EXERCISE REQUIREMENTS>
Set every record down again, identical to the original.

(Stored items from a collection)
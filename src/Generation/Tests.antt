-- ===== src/Generation/Tests.antt =====
-- Runs of an admission and of the end of a generation, on texts of ids that count letters.
use ai_multimodal_platform.Prelude.{
  ℕ, ◌+◌, ◌≡◌, ◌≢◌, refl, true, false, Option, none, some, List, [], ◌∷◌, String,
}
use ai_multimodal_platform.Prelude.Int.{◌+ℤ◌}
use ai_multimodal_platform.Prelude.Result.{Result, ok, err}
use ai_multimodal_platform.Credit.Policy.{plan_policy, quote_usage, cycle_bounds}
use ai_multimodal_platform.Credit.Tables.{
  Session, User, user, active, held, settled, latest_cycle, grants_of, events_of,
}
use ai_multimodal_platform.Credit.Lifecycle.{
  load, capacity, coherent, total_granted, total_gone, account_fits, cycle_fits, expire_grant,
  expire_grants, new_account, open_cycle,
}
use ai_multimodal_platform.Credit.Lifecycle.Ensure.{
  first_entry, known_entry, entry, roll, current_cycle, ensure, view, ensure_cycle,
}
use ai_multimodal_platform.Credit.Lifecycle.Commands.{valid_key}
use ai_multimodal_platform.Credit.Accounting.{
  units, check_estimates, estimates, check_lines, usage, sum_from, sum_amounts, sum_positive,
  items_of, allocations_of, records_of, held_of,
}
use ai_multimodal_platform.Credit.Accounting.Check.{
  add_deltas, update, add_events, grant_matches, check_grants, ledger_coherent, check_allocations,
  check_items, reservation_coherent,
}
use ai_multimodal_platform.Credit.Accounting.Reserve.{
  receipt, same_estimates, reservation_with_key, quotes, grant_before, allocate, post_allocation,
  post_allocations, item_rows, write_hold, hold_within, fresh_hold, replay_hold, reserve_or_replay,
  reserve,
}
use ai_multimodal_platform.Credit.Accounting.Terminal.{
  terminal_receipt, same_usage, same_terminal, replay_terminal, item_for, charge_of, charges,
  grant_with_id, write_close, close_allocation, close_allocations, record_rows, closed, close_hold,
  reservation_of, reservation_with_terminal_key, fresh_terminal, terminal_or_replay, terminal,
  settle, release,
}
use ai_multimodal_platform.Job.{
  Job, GenerationMode, t2i, i2v, pending, Asset, AssetKind, image, video, integer,
}
use ai_multimodal_platform.Generation.{
  Admitted, estimate, metadata, admission_estimates, admission_of, admit_generation,
}
use ai_multimodal_platform.Generation.Letters.{unary}
use ai_multimodal_platform.Generation.Metadata.{hold_of, ReadsBack, admit_generation-ReadsBack}
use ai_multimodal_platform.Generation.Terminal.{
  pipeline_child, Parsed, TerminalResult, result, unmanaged, reservation, assets_of, measured,
  measure, usage_of, parse_metadata, parse_value, parse, terminalize, terminalize_generation,
}
use ai_multimodal_platform.Generation.Terminal.Outcome.{
  Outcome, terminalize_generation-Outcome, generation_ends_once,
}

EXPECTED OUTPUT>
filename src/Generation/Tests.antt
-- ===== src/Generation/Tests.antt =====
-- Runs of an admission and of the end of a generation, on texts of ids that count letters.
use ai_multimodal_platform.Prelude.{
  ℕ, ◌+◌, ◌≡◌, ◌≢◌, refl, true, false, Option, none, some, List, [], ◌∷◌, String,
}
use ai_multimodal_platform.Prelude.Int.{◌+ℤ◌}
use ai_multimodal_platform.Prelude.Result.{Result, ok, err}
use ai_multimodal_platform.Credit.Policy.{plan_policy, quote_usage, cycle_bounds}
use ai_multimodal_platform.Credit.Tables.{
  Session, User, user, active, held, settled, latest_cycle, grants_of, events_of,
}
use ai_multimodal_platform.Credit.Lifecycle.{
  load, capacity, coherent, total_granted, total_gone, account_fits, cycle_fits, expire_grant,
  expire_grants, new_account, open_cycle,
}
use ai_multimodal_platform.Credit.Lifecycle.Ensure.{
  first_entry, known_entry, entry, roll, current_cycle, ensure, view, ensure_cycle,
}
use ai_multimodal_platform.Credit.Lifecycle.Commands.{valid_key}
use ai_multimodal_platform.Credit.Accounting.{
  units, check_estimates, estimates, check_lines, usage, sum_from, sum_amounts, sum_positive,
  items_of, allocations_of, records_of, held_of,
}
use ai_multimodal_platform.Credit.Accounting.Check.{
  add_deltas, update, add_events, grant_matches, check_grants, ledger_coherent, check_allocations,
  check_items, reservation_coherent,
}
use ai_multimodal_platform.Credit.Accounting.Reserve.{
  receipt, same_estimates, reservation_with_key, quotes, grant_before, allocate, post_allocation,
  post_allocations, item_rows, write_hold, hold_within, fresh_hold, replay_hold, reserve_or_replay,
  reserve,
}
use ai_multimodal_platform.Credit.Accounting.Terminal.{
  terminal_receipt, same_usage, same_terminal, replay_terminal, item_for, charge_of, charges,
  grant_with_id, write_close, close_allocation, close_allocations, record_rows, closed, close_hold,
  reservation_of, reservation_with_terminal_key, fresh_terminal, terminal_or_replay, terminal,
  settle, release,
}
use ai_multimodal_platform.Job.{
  Job, GenerationMode, t2i, i2v, pending, Asset, AssetKind, image, video, integer,
}
use ai_multimodal_platform.Generation.{
  Admitted, estimate, metadata, admission_estimates, admission_of, admit_generation,
}
use ai_multimodal_platform.Generation.Letters.{unary}
use ai_multimodal_platform.Generation.Metadata.{hold_of, ReadsBack, admit_generation-ReadsBack}
use ai_multimodal_platform.Generation.Terminal.{
  pipeline_child, Parsed, TerminalResult, result, unmanaged, reservation, assets_of, measured,
  measure, usage_of, parse_metadata, parse_value, parse, terminalize, terminalize_generation,
}
use ai_multimodal_platform.Generation.Terminal.Outcome.{
  Outcome, terminalize_generation-Outcome, generation_ends_once,
}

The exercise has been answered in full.